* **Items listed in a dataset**
▬▬▬▬▬▬▬▬▬▬

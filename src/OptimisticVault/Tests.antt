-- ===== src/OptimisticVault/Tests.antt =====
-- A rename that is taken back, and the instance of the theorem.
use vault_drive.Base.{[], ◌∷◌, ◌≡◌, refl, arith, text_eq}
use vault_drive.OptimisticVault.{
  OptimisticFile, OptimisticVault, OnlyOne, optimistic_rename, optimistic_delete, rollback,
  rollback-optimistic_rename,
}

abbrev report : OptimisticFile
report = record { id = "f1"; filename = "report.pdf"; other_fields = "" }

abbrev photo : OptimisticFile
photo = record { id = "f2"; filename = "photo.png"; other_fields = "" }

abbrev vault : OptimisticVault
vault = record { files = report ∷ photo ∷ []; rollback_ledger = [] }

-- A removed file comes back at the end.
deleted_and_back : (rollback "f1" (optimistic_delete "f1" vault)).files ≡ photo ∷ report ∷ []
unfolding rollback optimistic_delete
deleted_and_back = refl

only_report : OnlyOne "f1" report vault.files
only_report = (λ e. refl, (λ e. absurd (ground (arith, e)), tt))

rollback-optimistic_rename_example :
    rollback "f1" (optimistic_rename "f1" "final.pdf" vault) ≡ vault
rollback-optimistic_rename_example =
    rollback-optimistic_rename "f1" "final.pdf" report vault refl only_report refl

▬▬▬▬▬▬▬▬▬▬

* **Aim of the exercise**
Quote every line of the records above, from the first down to the one holding "deleted_and_back = refl", exactly as written.

* **Finished task**
filename src/OptimisticVault/Tests.antt
-- ===== src/OptimisticVault/Tests.antt =====
-- A rename that is taken back, and the instance of the theorem.
use vault_drive.Base.{[], ◌∷◌, ◌≡◌, refl, arith, text_eq}
use vault_drive.OptimisticVault.{
  OptimisticFile, OptimisticVault, OnlyOne, optimistic_rename, optimistic_delete, rollback,
  rollback-optimistic_rename,
}

abbrev report : OptimisticFile
report = record { id = "f1"; filename = "report.pdf"; other_fields = "" }

abbrev photo : OptimisticFile
photo = record { id = "f2"; filename = "photo.png"; other_fields = "" }

abbrev vault : OptimisticVault
vault = record { files = report ∷ photo ∷ []; rollback_ledger = [] }

-- A removed file comes back at the end.
deleted_and_back : (rollback "f1" (optimistic_delete "f1" vault)).files ≡ photo ∷ report ∷ []
unfolding rollback optimistic_delete
deleted_and_back = refl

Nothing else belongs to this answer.